Masculinidades en jaque

Es un error común creer que no hay otras experiencias relevantes en la vida cotidiana de niños, niñas y adolescentes por fuera de lo digital. Todavía hay un valor en jugar, practicar un deporte, tocar algún instrumento, juntarse con amigos. Al punto tal de que una de las vivencias que más marca a Jamie es lo que le pasa cuando su papá lo ve jugar al fútbol: cada vez que se equivoca, él mira para otro lado. 

El patriarcado, imbricado en la crianza, en la educación y en la cultura, produce distintos tipos de masculinidades. Los feminismos lo vienen advirtiendo hace mucho tiempo. La masculinidad hegemónica, que estipula los requisitos con los que debe cumplir un varón prototípico -no llorar, ser fuerte, proveedor, viril, bueno en ciertos deportes, heterosexual, entre muchos otros ítems-, daña tanto a mujeres e identidades disidentes como a los propios varones. Es más, como afirma la antropóloga Rita Segato,  las primeras víctimas del mandato de masculinidad son los mismos hombres.
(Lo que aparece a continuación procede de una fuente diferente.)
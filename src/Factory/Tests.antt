-- ===== src/Factory/Tests.antt =====
-- newProcessor with the default configuration.
use asserts_otel_processor.Base.{
  ℕ, ◌*◌, ◌≡◌, refl, arith, true, [], ◌∷◌, String, Option, some, Yields,
}
use asserts_otel_processor.Base.Int.{ℤ, pos, ltb_ℤ, wrap64, times_ℤ}
use asserts_otel_processor.Base.Maps.{StringMap}
use asserts_otel_processor.Cache.{TtlCache}
use asserts_otel_processor.Cache.Sample.{plain_cache, plain_cache-IsFaithful, plain_cache-IsSized}
use asserts_otel_processor.Platform.Sample.{sample_platform}
use asserts_otel_processor.Config.{Config}
use asserts_otel_processor.Span.{Span, server, ok}
use asserts_otel_processor.Labels.{
  replace, apply_prom_conventions, get_attributes_as_labels, span_metric_labels,
}
use asserts_otel_processor.Labels.Agreement.{count}
use asserts_otel_processor.MetricHelper.Prometheus.{
  increasing, plain_registry, plain_registry-IsConsistent,
}
use asserts_otel_processor.MetricHelper.Sound.{IsAdmissible}
use asserts_otel_processor.Factory.{create_default_config, flush_interval, take_over, new_processor}
use asserts_otel_processor.Factory.Initial.{IsBuilt, new_processor-IsBuilt}

abbrev clock : ℕ → ℤ
clock n = pos (1800 * n)

abbrev labels : TtlCache (StringMap String)
labels = plain_cache (StringMap String)

abbrev fetched : Option Config
fetched = some (record create_default_config {
  capture_metrics = true;
  capture_attributes_in_metric = "http.method" ∷ [];
})

abbrev local : Config
local = record create_default_config { env = "dev" }

abbrev memory : ℕ → Span
memory a = record {
  trace_id = "t1";
  is_orphan = true;
  name = "/api";
  kind = server;
  status = ok;
  start_timestamp = 0;
  end_timestamp = 1;
  attributes = [];
}

settings :
    IsAdmissible sample_platform (take_over fetched local)
    × (plain_registry.registers
          (span_metric_labels sample_platform (get_attributes_as_labels (take_over fetched local)))
        ≡ true)
    × (ltb_ℤ (pos 0) (flush_interval local) ≡ true)
unfolding take_over flush_interval wrap64 times_ℤ increasing count span_metric_labels
    get_attributes_as_labels apply_prom_conventions replace
settings = (record { increasing_buckets = refl; no_le = refl }, refl, refl)

new_processor-IsBuilt_example :
    Yields
      (IsBuilt sample_platform labels plain_registry
        (plain_cache ℕ)
        clock
        (plain_cache-IsSized (StringMap String))
        plain_registry-IsConsistent
        (plain_cache-IsFaithful ℕ)
        100
        3
        (omega arith)
        (omega arith)
        (take_over fetched local))
      (new_processor sample_platform labels plain_registry
        (plain_cache ℕ)
        clock
        fetched
        local
        memory)
new_processor-IsBuilt_example =
    new_processor-IsBuilt sample_platform labels plain_registry (plain_cache ℕ) clock
      (plain_cache-IsSized (StringMap String)) plain_registry-IsConsistent
      (plain_cache-IsFaithful ℕ) 100 3 (omega arith) (omega arith) fetched local memory refl refl
      settings.0 settings.1 settings.2
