-- ===== src/Keys/Scope.antt =====
-- The text of an entity key.
use Prim.Native.String.{◌++◌}
use text.Mathlib.TextLemmas.{append_assoc}
use asserts_otel_processor.Base.{◌≡◌, String, ap, sym, ◌∙◌}
use asserts_otel_processor.Base.Maps.{lookup}
use asserts_otel_processor.Config.{Config}
use asserts_otel_processor.Keys.{build_entity_key, entity_key_as_string}

glue : (a b c t : String) → a ++ (b ++ (c ++ t)) ≡ ((a ++ b) ++ c) ++ t
glue a b c t = simp append_assoc

glue4 : (t : String) → "}#Service" ++ ("#" ++ t) ≡ "}#Service#" ++ t
glue4 t = sym (append_assoc "}#Service" "#" t)

-- The key of a service spells out env, namespace and site, in that order, and the service.
pub entity_key_as_string-build_entity_key :
    (c : Config) (namespace service : String)
    → entity_key_as_string (build_entity_key c namespace service)
      ≡ "{env="
        ++ (c.env
            ++ (", namespace="
                ++ (namespace ++ (", site=" ++ (c.site ++ ("}#Service#" ++ service))))))
unfolding entity_key_as_string build_entity_key lookup
entity_key_as_string-build_entity_key c namespace service = simp append_assoc (
    glue "{" "env" "=" _
    ∙ ap (λ t. "{env=" ++ (c.env ++ t))
        (glue ", " "namespace" "=" _
          ∙ ap (λ t. ", namespace=" ++ (namespace ++ t))
              (glue ", " "site" "=" _
                ∙ ap (λ t. ", site=" ++ (c.site ++ t)) (glue "}" "#" "Service" _ ∙ glue4 service))))
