-- ===== src/Labels/Clean.antt =====
-- Which characters a label can have.
use Prim.Native.Char.{Char, code}
use asserts_otel_processor.Base.{
  ℕ, ◌≡◌, refl, Bool, true, false, String, List, ◌∷◌, if◌then◌else◌, ◌==◌,
}
use asserts_otel_processor.Platform.{Platform}
use asserts_otel_processor.Labels.{
  occurs, replaced, append, replace, to_lower, apply_prom_conventions,
}

-- All the characters that a label does not have.
abbrev pub forbidden : List ℕ
forbidden = b'%' ∷ replaced

abbrev pub IsClean : String → Type 0
IsClean String.[] = Unit
IsClean (String.◌∷◌ c s) = (occurs (code c) forbidden ≡ false) × IsClean s

replace-IsClean : (s : String) → IsClean (replace s)
unfolding replace
replace-IsClean String.[] = tt
replace-IsClean (String.◌∷◌ c s) =
    go (replace-IsClean s) (code c == b'%') (occurs (code c) replaced) refl refl
  where
    go :
        IsClean (replace s)
        → (percent other : Bool) → code c == b'%' ≡ percent
        → occurs (code c) replaced ≡ other
        → IsClean (
            if percent
            then append "_percent" (replace s)
            else if other
            then String.◌∷◌ "_" (replace s)
            else String.◌∷◌ c (replace s))
    go clean true other e o = (refl, (refl, (refl, (refl, (refl, (refl, (refl, (refl, clean))))))))
    go clean false true e o = (refl, clean)
    go clean false false e o = (rw e o, clean)

module _ (rt : Platform)
    (keeps : (c : Char)
      → occurs (code c) forbidden ≡ false
      → occurs (code (rt.lower c)) forbidden ≡ false) where
  to_lower-IsClean : (s : String) → IsClean s → IsClean (to_lower rt s)
  to_lower-IsClean String.[] h = tt
  to_lower-IsClean (String.◌∷◌ c s) h = (keeps c h.0, to_lower-IsClean s h.1)

  -- If no character has a lower case that is to be replaced, then the label of an attribute has none of
  -- the characters that are replaced, whatever the attribute's name.
  pub apply_prom_conventions-IsClean : (s : String) → IsClean (apply_prom_conventions rt s)
  unfolding apply_prom_conventions
  apply_prom_conventions-IsClean s = to_lower-IsClean (replace s) (replace-IsClean s)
Lo interesante hoy es preguntarse qué masculinidades produce esta época luego de un gran avance de los feminismos. Las consignas del movimiento de mujeres y disidencias se abrieron paso en las redes sociales, en las aulas y en las sobremesas, generando conversaciones incómodas y necesarias sobre los privilegios y las relaciones de poder. Como correlato, muchos jóvenes se animan a romper lugares comunes en torno a los vínculos, logran identificar violencias y desigualdades de género, se arrojan a la sensibilidad con maneras que antes parecían vedadas. 

Pero este proceso no es sin resentimiento. La serie aborda la existencia de la manosfera, universo digital masculino aliado con la ultra derecha que promueve la misoginia, la exacerbación de la masculinidad y una gran oposición al feminismo. Estos rasgos se entraman con otros propios de esta etapa del capitalismo: la emergencia de los trolls, criptobros, traders e influencers financieros. Todas, nuevas posibilidades de construcción de la imagen propia y validación entre pares en tiempos en los que ciertos lugares de afirmación identitaria trastabillan. 

Los “incels” forman parte de la manosfera. Se trata de varones heterosexuales que culpan a las mujeres y a la sociedad de su falta de éxito en las relaciones. Una de las ideas con más fuerza es la regla 80/20, mencionada en varias ocasiones en la serie: el 80 por ciento de las mujeres buscan al 20 por ciento de los varones con mayor "valor de mercado sexual", dejando al resto en “desventaja”. Ya en 2018, cuando un adolescente escribía “¿qué es el feminismo?” en YouTube, podía encontrarse con estas respuestas.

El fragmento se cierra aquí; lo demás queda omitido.